成年年齢 18歳への引下げに現実味

民法の規定で現在は20歳となっている成年(成人)年齢が遠からず18歳に引下げられる可能性が高まっている。金田勝年法相は15日の閣議後会見で、「成年年齢の引下げに向けた具体的な準備作業を進めている。早ければ来年の通常会議に(改正法案を)提出することも選択肢」と述べた。成年年齢をいつから18歳とするのか、本当に実現するのかといった点など不確かな部分もあるが、仮に民法の成年年齢が引下げられれば、相続税における未成年者控除のように20歳以上か未満かを適用基準としている税制上の制度に影響を与えることは必至だ。

すでに選挙権年齢については、昨年6月に改正公職選挙法が成立し、今年6月19日以降、それまでの20歳以上から18歳以上に引下げられている。同改正法の附則では、選挙権年齢の引下げを踏まえ、民法などの他の法令でも引下げについて検討を加え、必要な法制上の措置を講ずるとしていた。

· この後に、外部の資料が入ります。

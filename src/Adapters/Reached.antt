-- ===== src/Adapters/Reached.antt =====
-- src/autoperf/adapters.py, AndroidTvAdapter: select is pressed on the target or not at all.
use mathlib.Core.Path.{subst}
use auto_perf.Prelude.{
  ℕ, zero, suc, ◌+◌, ◌≤◌, String, ◌≡◌, refl, sym, ap, Bool, true, false, Option, none, some, List,
  [], ◌∷◌, length, arith, Bool-cases, Option-cases, ◌⊎◌, inl, inr,
}
use auto_perf.Prelude.Count.{one, count, first}
use auto_perf.Prelude.Int.{ℤ, ◌-ℤ◌}
use auto_perf.UiAuto.{Node, Target, same_bounds, resolve, center}
use auto_perf.Adapters.Lookup.{Waits}
use auto_perf.Adapters.Focus.{
  Key, Pressed, dump_error, selected, toward, step_toward, target_node, strategy_found, turn, walk,
  tap_element_tv,
}

abbrev pub is_center : Key → Bool
is_center Key.dpad_center = true
is_center _ = false

abbrev pub is_selected : Pressed → Bool
is_selected (selected s) = true
is_selected _ = false

toward-center : (dx dy : ℤ) → is_center (toward dx dy) ≡ false
toward-center dx dy = ground arith

step_toward-center : (a b : ℤ × ℤ) → is_center (step_toward a b) ≡ false
step_toward-center (x1, y1) (x2, y2) = toward-center (x2 -ℤ x1) (y2 -ℤ y1)

module _ (lower : String → String) (t : Target) (screen : ℕ × ℕ)
    (device : ℕ → Option (List Node)) where
  -- On the screen of the `i`-th dump, the focus is on the target.
  abbrev pub OnTarget : ℕ → Type 0
  OnTarget i =
      (nodes : List Node) × (focused : Node) × (target : Node) × (device i ≡ some nodes)
      × (first (λ n. n.focused) nodes ≡ some focused)
      × (target_node (resolve lower t nodes screen) ≡ some target)
      × (same_bounds focused.bounds target.bounds ≡ true)

  -- What at most `left` turns lead to, from the `i`-th dump on.
  abbrev pub Walked : ℕ → ℕ → List Key × Pressed → Type 0
  Walked left i (keys, result) =
      (length keys ≤ left)
      × (count is_center keys ≡ one (is_selected result))
      × ((is_selected result ≡ false) ⊎ ((j : ℕ) × (length keys ≡ suc j) × OnTarget (i + j)))

  Walked-press :
      (left i : ℕ) (key : Key) (rest : List Key × Pressed)
      → is_center key ≡ false
      → Walked left (suc i) rest
      → Walked (suc left) i (key ∷ rest.0, rest.1)
  unfolding count
  Walked-press left i key (keys, result) other (short, presses, landed) = (
    omega (arith, short),
    ground (arith, other, presses),
    elim landed [
      | inl nowhere ↦ inl nowhere
      | inr (j, long, there) ↦
          let here : suc i + j ≡ i + suc j = omega arith in
          inr (suc j, ap suc long, subst OnTarget here there)
    ],
  )

  Walked-turn :
      (left i : ℕ) (nodes : List Node) (rest : List Key × Pressed) (target focused : Option Node)
      (strategy : String)
      → device i ≡ some nodes
      → first (λ n. n.focused) nodes ≡ focused
      → target_node (resolve lower t nodes screen) ≡ target
      → Walked left (suc i) rest
      → Walked (suc left) i (turn target focused strategy rest)
  unfolding count
  Walked-turn left i nodes rest none focused strategy dump front sought later =
      (omega arith, refl, inl refl)
  Walked-turn left i nodes (keys, result) (some target) none strategy dump front sought
        (short, presses, landed) =
      Walked-press left i Key.dpad_down (keys, result) refl (short, presses, landed)
  Walked-turn left i nodes (keys, result) (some target) (some focused) strategy dump front sought
        (short, presses, landed) =
      elim (Bool-cases (same_bounds focused.bounds target.bounds)) [
        | inl there ↦
            let here : i ≡ i + 0 = omega arith in
            let step : turn (some target) (some focused) strategy (keys, result)
                ≡ (Key.dpad_center ∷ [], selected strategy) =
              rw there refl in
            subst (Walked (suc left) i) (sym step) (
              omega arith,
              refl,
              inr (
                0,
                refl,
                subst OnTarget here (nodes, focused, target, dump, front, sought, there),
              ),
            )
        | inr away ↦
            let key = step_toward (center focused) (center target) in
            let step : turn (some target) (some focused) strategy (keys, result)
                ≡ (key ∷ keys, result) =
              rw away refl in
            subst (Walked (suc left) i) (sym step) (
              Walked-press left i key (keys, result)
                (step_toward-center (center focused) (center target)) (short, presses, landed))
      ]

  Walked-walk : (left i : ℕ) → Walked left i (walk lower t screen device left i)
  unfolding walk count
  Walked-walk zero i = (omega arith, refl, inl refl)
  Walked-walk (suc left) i =
      let rest = walk lower t screen device left (suc i) in
      elim (Option-cases (device i)) [
        | inl broken ↦
            let step : walk lower t screen device (suc left) i ≡ ([], dump_error) =
              rw (walk, broken) refl in
            subst (Walked (suc left) i) (sym step) (omega arith, refl, inl refl)
        | inr (nodes, dump) ↦
            let found = resolve lower t nodes screen in
            let front = first (λ n. n.focused) nodes in
            let step : walk lower t screen device (suc left) i
                ≡ turn (target_node found) front (strategy_found found) rest =
              rw (walk, dump) refl in
            subst (Walked (suc left) i) (sym step) (
              Walked-turn left i nodes rest (target_node found) front (strategy_found found) dump
                refl refl (Walked-walk left (suc i)))
      ]

-- Whatever the screens show, a television is sent at most as many keys as there are steps, and select
-- is among them exactly once if the tap succeeds, and never otherwise; when it succeeds, the focus
-- was on the target on the screen that was read just before the last key.
pub tap_element_tv_exact :
    (lower : String → String) (t : Target) (screen : ℕ × ℕ) (device : ℕ → Option (List Node))
    (w : Waits)
    → Walked lower t screen device w.max_focus_steps 0 (tap_element_tv lower t screen device w)
unfolding tap_element_tv
tap_element_tv_exact lower t screen device w = Walked-walk lower t screen device w.max_focus_steps 0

税制で20歳以上か未満かを適用基準としている制度は主だったところで、相続人が未成年のときは、その未成年者が満20歳になるまでの年数1年につき10万円を相続税の額から差し引くことができる未成年者の税額控除のほか、NISA(20歳以上が利用可)、ジュニアNISA(20歳未満で利用可)、20歳以上の者が直系尊属から贈与により財産を取得した際の贈与税の特例税率、相続時精算課税制度(受贈者は20歳以上等が条件)などがある。